Objective: To examine the quality of information provided by artificial intelligence platforms ChatGPT-4 and Claude 2 surrounding the management of vestibular schwannomas.

Study design: Cross-sectional.

Setting: Skull base surgeons were involved from different centers and countries.

Intervention: Thirty-six questions regarding vestibular schwannoma management were tested. Artificial intelligence responses were subsequently evaluated by 19 lateral skull base surgeons using the Quality Assessment of Medical Artificial Intelligence (QAMAI) questionnaire, assessing "Accuracy," "Clarity," "Relevance," "Completeness," "Sources," and "Usefulness."

Main outcome measure: The scores of the answers from both chatbots were collected and analyzed using the Student t test. Analysis of responses grouped by stakeholders was performed with McNemar test. Stuart-Maxwell test was used to compare reading level among chatbots. Intraclass correlation coefficient was calculated.

Results: ChatGPT-4 demonstrated significantly improved quality over Claude 2 in 14 of 36 (38.9%) questions, whereas higher-quality scores for Claude 2 were only observed in 2 (5.6%) answers. Chatbots exhibited variation across the dimensions of "Accuracy," "Clarity," "Completeness," "Relevance," and "Usefulness," with ChatGPT-4 demonstrating a statistically significant superior performance. However, no statistically significant difference was found in the assessment of "Sources." Additionally, ChatGPT-4 provided information at a significant lower reading grade level.

Conclusions: Artificial intelligence platforms failed to consistently provide accurate information surrounding the management of vestibular schwannoma, although ChatGPT-4 achieved significantly higher scores in most analyzed parameters.

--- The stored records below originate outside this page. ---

-- ===== src/Feed/Session/Tests.antt =====
-- A session on a hub that knows one subject: it is seeded, and then follows an update.
use pok.Feed.Client.{Envelope, new_client, enqueue, take}
use pok.Feed.Client.Coalesce.{last_update}
use pok.Feed.Hub.Steps
use pok.Feed.Hub.Steps.{publishes, act, update}
use pok.Feed.Hub.{Hub, store, new_hub, broadcast, publish, snapshot, admit, register}
use pok.Feed.Session.Delivery.{delivery}
use pok.Feed.Session.Json.{HoldsJson, RunsJson, write_json-Reach}
use pok.Feed.Session.Ended.{write_out, wind_up, IsOver}
use pok.Feed.Session.Over.{wind_up-ends}
use pok.Feed.Session.Progress.{serve_all, catch_up, catch_up-delivers}
use pok.Feed.Session.{
  accepting, sending, live, gone, World, Event, accepts, seeds, writes, settles, wakes, collects,
  shuts_down, open_session, write_json, serve, Reach, here, own, other,
}
use pok.Prelude.Bytes.{Bytes, bytes, bytes_beq, bytes_key}
use pok.Prelude.Int.{pos}
use pok.Prelude.Lists.{contains, length}
use pok.Prelude.Maps.{lookup, has, index, insert, range}
use pok.Prelude.{ℕ, ◌≡◌, ◌≢◌, refl, Bool, true, false, some, List, [], ◌∷◌}

abbrev nodes : ℕ → Envelope
nodes n = record {
  subject = bytes "cluster/nodes";
  topic = bytes "cluster/nodes";
  ts = pos n;
  payload = bytes "{}";
}

-- Stands for json.Valid.
abbrev any_json : Bytes → Bool
any_json b = true

abbrev known : Hub
known = publish [] (nodes 1) (new_hub 2)

known-Reach : Steps.Reach (new_hub 2) known
unfolding act new_hub contains
known-Reach =
    Steps.Reach.next (publishes [] (nodes 1)) Steps.Reach.here
      (record { once = tt; all = λ k. refl }) refl

abbrev joined : World
joined = record {
  hub = admit known;
  client = 0;
  phase = accepting;
  received = [];
  messages_sent = 0;
}

known-opens : open_session known ≡ some joined
unfolding open_session register publish new_hub admit
known-opens = refl

abbrev seeding : World
seeding = record joined { phase = sending (nodes 1 ∷ []) }

abbrev settled : World
settled = record joined { phase = live; received = nodes 1 ∷ []; messages_sent = 1 }

seeding-Reach : Reach any_json joined seeding
unfolding serve snapshot range lookup admit publish new_hub insert has contains bytes_beq
seeding-Reach =
    own (seeds (bytes "cluster/nodes" ∷ [])) (own accepts here tt refl)
      (record { once = (refl, tt); all = λ k. refl }) refl

settled-Reach : Reach any_json joined settled
unfolding serve
settled-Reach = own settles (own (writes true) seeding-Reach tt refl) tt refl

abbrev behind : World
behind = record settled { hub = publish (0 ∷ []) (nodes 2) settled.hub }

behind-Reach : Reach any_json joined behind
unfolding act admit publish new_hub contains
behind-Reach =
    other (publishes (0 ∷ []) (nodes 2)) behind.hub settled-Reach tt
      (record { once = (refl, tt); all = λ k. refl }) refl

settled-idle : (settled.hub.heap settled.client).notify ≡ false
unfolding admit publish new_hub broadcast new_client
settled-idle = refl

known-HoldsJson : HoldsJson any_json known.state
known-HoldsJson = record { at = λ k e p. refl }

seeding-RunsJson : RunsJson any_json seeding-Reach
unfolding seeding-Reach
seeding-RunsJson = tt

behind-RunsJson : RunsJson any_json behind-Reach
unfolding behind-Reach settled-Reach seeding-Reach
behind-RunsJson = (refl, tt)

delivery_example :
    ((k : Bytes) → last_update k settled.received ≡ lookup k settled.hub.state)
    × (settled.messages_sent ≡ length settled.received)
delivery_example =
    delivery any_json 2 known joined settled known-Reach known-opens settled-Reach refl settled-idle

write_json-Reach_example : write_json any_json (nodes 1) false ≡ false
write_json-Reach_example =
    write_json-Reach any_json 2 known joined seeding (nodes 1) [] false known-Reach known-HoldsJson
      known-opens seeding-Reach seeding-RunsJson refl

catch_up-delivers_example :
    (v : World) × (serve_all any_json (catch_up any_json behind) behind ≡ some v)
    × (v.phase ≡ live)
    × ((k : Bytes) → last_update k v.received ≡ lookup k behind.hub.state)
catch_up-delivers_example =
    catch_up-delivers any_json 2 known joined behind known-Reach known-HoldsJson known-opens
      behind-Reach behind-RunsJson refl

-- The browser is sent the update that came while the session waited.
behind_catches_up : (catch_up any_json behind ≡ wakes ∷ collects ∷ writes true ∷ settles ∷ [])
unfolding catch_up admit publish new_hub broadcast store enqueue take index insert has new_client
    bytes_beq
behind_catches_up = refl

abbrev any_connection : Envelope → Bool
any_connection e = true

abbrev ended : List Event
ended = writes true ∷ settles ∷ shuts_down ∷ []

seeding_winds_up : wind_up any_json [] any_connection seeding.phase seeding ≡ ended
unfolding wind_up write_out write_json
seeding_winds_up = refl

seeding-ne-gone : seeding.phase ≢ gone
seeding-ne-gone e = cc

wind_up-ends_example :
    (v : World) × (serve_all any_json
        (wind_up any_json [] any_connection seeding.phase seeding)
        seeding
      ≡ some v)
    × IsOver seeding v
wind_up-ends_example =
    wind_up-ends any_json [] any_connection 2 known joined seeding known-Reach known-opens
      seeding-Reach seeding-ne-gone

These findings demonstrate the potential for significant misinformation for patients seeking information through these platforms.

查看原文本刊更多论文

人工智能聊天机器人在前庭神经鞘瘤治疗中的信息质量：ChatGPT-4和Claude 2的比较分析

目的：探讨人工智能平台ChatGPT-4和Claude 2在前庭神经鞘瘤治疗中的信息质量。研究设计：横断面。背景：颅底外科医生来自不同的中心和国家。干预：测试了关于前庭神经鞘瘤处理的36个问题。随后，19名侧颅底外科医生使用医学人工智能质量评估（QAMAI）问卷对人工智能反应进行评估，评估“准确性”、“清晰度”、“相关性”、“完整性”、“来源”和“有用性”。“主要结果测量：收集两个聊天机器人的答案得分，并使用学生t检验进行分析。采用McNemar测试对利益相关者分组的反应进行分析。采用Stuart-Maxwell测试比较聊天机器人的阅读水平。计算类内相关系数。结果：ChatGPT-4在36个问题中有14个（38.9%）的质量明显高于Claude 2，而Claude 2的高质量分数仅在2个（5.6%）的答案中被观察到。聊天机器人在“准确性”、“清晰度”、“完整性”、“相关性”和“实用性”等维度上表现出差异，而ChatGPT-4在统计上表现出显著的优势。然而，在“来源”的评估中没有发现统计学上的显著差异。此外，ChatGPT-4提供的信息明显低于阅读年级水平。结论：人工智能平台未能始终如一地提供有关前庭神经鞘瘤管理的准确信息，尽管ChatGPT-4在大多数分析参数中获得了显着更高的分数。这些发现表明，通过这些平台寻求信息的患者可能存在严重的错误信息。

本文章由计算机程序翻译，如有差异，请以英文原文为准。

求助全文

约1分钟内获得全文求助全文

来源期刊

Otology & Neurotology 医学-耳鼻喉科学

CiteScore

3.80

自引率

14.30%

发文量

509

审稿时长

3-6 weeks

期刊介绍： Otology & Neurotology publishes original articles relating to both clinical and basic science aspects of otology, neurotology, and cranial base surgery. As the foremost journal in its field, it has become the favored place for publishing the best of new science relating to the human ear and its diseases. The broadly international character of its contributing authors, editorial board, and readership provides the Journal its decidedly global perspective.